Efficiency obtained at 20% and 100% loads complies with the 80PLUS Platinum standard, in contrast the 50% load test attained only 92.48% efficiency instead of >94% as specified by the standard. I changed the parameters, varied the settings but I couldn’t get more, maybe it’s a problem of the test sample or maybe the 80PLUS organization measures differently. Anyway, the efficiency is enough but I felt the need to point out this issue.
Every power supply tested today impressed us in its own way:
The NAXN 450W impressed us with its very robust power reserves, but also with its very good efficiency, its cable length and design.
Although it is based on an OEM platform, Triathlor ECO 650W shows its muscles and manages to exceed 800W in the Overload test while maintaining stable voltages and unexpectedly good ripple noise for this price range. Oh, and the PSU efficiency is very close to the 80PLUS Silver standard…
Revolution87+ 850W couldn’t disappoint, being based on the Modu87+ series which is a solid, proven platform. Effortlessly delivering 1180W, 330W more than it’s rated for, while providing rock solid regulation, coupled with an ultra quiet fan at light and medium loads, certainly makes a compelling argument for a recommendation targeted at enthusiasts.
Revolution X’t 530W is not really worth the Revolution name, mainly because of the limited power reserve but also the ripple noise which is a little disturbing considering that we are not dealing with an entry level PSU. Well, we have the 80PLUS Gold efficiency and quiet operation but still, knowing the results of the Revolution87+ I expected more from the X’t.
The Lepa G1600 and Platimax 1350W are based on the most advanced platform in terms of build and electronics quality. Both PSU’s are a demonstration of power, being capable of high quality output, noise and ripple levels low enough to make most 600-700W power supplies die of spite. It’s a monster power supply intend for extreme overclocking, it won’t say no to anything, the Overload test further certifying that. Maybe a Gulftown in conjunction with a GTX 480 4-way SLI setup could push it beyond its limits, I can’t think of anything else that would make it sweat.
The tested power supplies weren’t the only ones to impress us today – visiting the Enermax lab was a very pleasant experience, the opportunity to work with such testing equipment isn’t something many people can boast about. Like with a good motherboard which isn’t undermining your overclocking efforts, allowing you to push the CPU or the memory to their limits, a stable and well calibrated testing platform makes possible a scrupulous and in-depth PSU review. While testing, I’ve noticed that the only varying parameter under a certain maintained load was the efficiency, which dropped slightly as the PSU was getting hotter. Beyond that, the voltages, loads and everything else, were extremely stable, even if the Chroma was getting hot..
If our budget would ever allow it, this is the exact setup we would use for power supply reviews at LAB501. We find other load testers (ready-made or home made) unacceptable from a result perspective, as well as limited in terms of absolute load values and ability to maintain stable loads for relevant time intervals.
Until then however, we prefer to stick to our current methodology, which has the advantage of offering relevant results from an end-user perspective, with testing being done on an actual system.

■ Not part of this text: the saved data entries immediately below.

-- ===== src/App/Started.antt =====
-- app.go: what holds of the service that `Run` has started with the keys that it has loaded.
use compliance_gateway.Common.{
  ℕ, ◌+◌, ◌<◌, ◌^◌, ◌≡◌, refl, ap, true, Option, none, some, ok, All, arith, Holds, holds, fails,
  Holds-ok, bind_Holds, require-Holds, map_err, map_err_ok, Bool-cases, inl, inr, Result,
}
use compliance_gateway.Text.{Text}
use compliance_gateway.Rat.{pos}
use compliance_gateway.Config.{Config}
use compliance_gateway.Migrate.{Database, MigrateErr, migrate}
use compliance_gateway.Decision.Signer.{load_file_signer}
use compliance_gateway.Evidence.Jws.{Key, JwsSigner, load_jws_signer, public}
use compliance_gateway.Pipeline.Env.{Env}
use compliance_gateway.Pipeline.Store.{Db}
use compliance_gateway.Api.{Decoders}
use compliance_gateway.Api.Steps.{Steps}
use compliance_gateway.Api.Guarantees.{IsNew}
use compliance_gateway.Api.Verified.{Verifies, Steps-Verifies}
use compliance_gateway.App.{
  Outside, StartErr, bad_policy_key, bad_evidence_key, no_sanctions, no_listener, dial_all, wire,
  after_open, run, with_keys, difference,
}

-- The keys were loaded from the configured files, and the service signs with them.
abbrev pub IsWired : {S : Type 0} → Outside S → Config → Env → Env → Type 0
IsWired out cfg base env =
    (key : ℕ) × (s : JwsSigner) × (load_file_signer out.secp (base.utf8 cfg.keys.policy_key_file)
      ≡ ok key)
    × (load_jws_signer out.crypto (base.utf8 cfg.keys.evidence_key_file)
          (base.utf8 cfg.keys.evidence_kid)
        ≡ ok s)
    × (env ≡ with_keys out cfg key s base)

wire-IsWired :
    {S : Type 0} (out : Outside S) (cfg : Config) (base : Env)
    → Holds (IsWired out cfg base) (wire out cfg base)
unfolding wire
wire-IsWired out cfg base =
    let policy = load_file_signer out.secp (base.utf8 cfg.keys.policy_key_file) in
    let evidence =
      load_jws_signer out.crypto (base.utf8 cfg.keys.evidence_key_file)
        (base.utf8 cfg.keys.evidence_kid) in
    bind_Holds (map_err (λ _. bad_policy_key) policy) _ λ key e.
      bind_Holds (map_err (λ _. bad_evidence_key) evidence) _ λ s f.
        require-Holds out.sanctions_load no_sanctions _ λ _.
          bind_Holds (dial_all out cfg.chains) _ λ _ _. require-Holds out.listens no_listener _ λ _.
            holds (
              key,
              s,
              map_err_ok (λ _. bad_policy_key) policy e,
              map_err_ok (λ _. bad_evidence_key) evidence f,
              refl,
            )

opened :
    {S : Type 0} {P : Env → Type 0} (m : Database S × Option MigrateErr) (r : Result StartErr Env)
    → Holds P r
    → Holds P (after_open m r).1
opened (db, none) r h = h
opened (db, some e) r h = fails

run-IsWired :
    {S : Type 0} (out : Outside S) (cfg : Config) (base : Env) (db : Database S)
    → Holds (IsWired out cfg base) (run out cfg base db).1
unfolding run
run-IsWired out cfg base db = elim (Bool-cases out.opens) [
  | inl y ↦ rw y (opened (migrate out.session out.execute db) _ (wire-IsWired out cfg base))
  | inr z ↦ rw z fails
]

-- When `Run` has started the service, and signing with a P-256 key returns, on every digest, two
-- numbers of at most 32 bytes that the curve verifies under its public key, then the evidence key was
-- loaded from the configured file, and after any steps from a new database `VerifyJWS` accepts the JWS
-- of every stored pack under its public key over the canonical JSON of the pack's data, and the pack's
-- two roots are those of its data and salts.
pub run-Verifies :
    {S : Type 0} (out : Outside S) (cfg : Config) (base env : Env) (tables : Database S)
    (d : Decoders) (genesis : Text) (a b : Db)
    → (run out cfg base tables).1 ≡ ok env
    → ((key : Key)
        → key.is_p256 ≡ true
        → (h : Text)
        → (r : ℕ) × (t : ℕ) × (out.crypto.sign key h ≡ some (r, t))
          × (r < 256 ^ 32)
          × (t < 256 ^ 32)
          × (out.crypto.verify (out.crypto.public_key key) h r t ≡ true))
    → IsNew genesis a
    → Steps env d a b
    → (s : JwsSigner) × (load_jws_signer out.crypto
          (base.utf8 cfg.keys.evidence_key_file)
          (base.utf8 cfg.keys.evidence_kid)
        ≡ ok s)
      × All (Verifies out.crypto env.sha (public out.crypto s)) b.packs
run-Verifies out cfg base env tables d genesis a b started law n steps =
    let (key, s, _, l, e) = Holds-ok (run-IsWired out cfg base tables) started in
    (
      s,
      l,
      Steps-Verifies out.crypto (base.utf8 cfg.keys.evidence_key_file)
          (base.utf8 cfg.keys.evidence_kid) s env d genesis a b l law
          (λ payload. ap (λ (x : Env). x.sign payload) e) n steps,
    )

-- Between numbers below 2^63 the lag is their difference.
pub difference_lem :
    (head last : ℕ) → last + head < 9223372036854775808 → difference (last + head) last ≡ pos head
unfolding difference
difference_lem head last h = ground arith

Maybe the methodology presented today can tell us everything about a PSU in terms of numbers, but in the end the home user will drop the PSU in an actual system, and as we’ve seen in the past, a well though out practical methodology is much more relevant for the actual user than a synthetic methodology executed using less precise, less accurate and generally less capable equipment than the one shown by us today. Don’t get me wrong, it would be a pleasure to test each and every unit using such a setup, but since the cost is still prohibitive for us, and we find anything below it an unacceptable compromise, we’d rather not do it at all.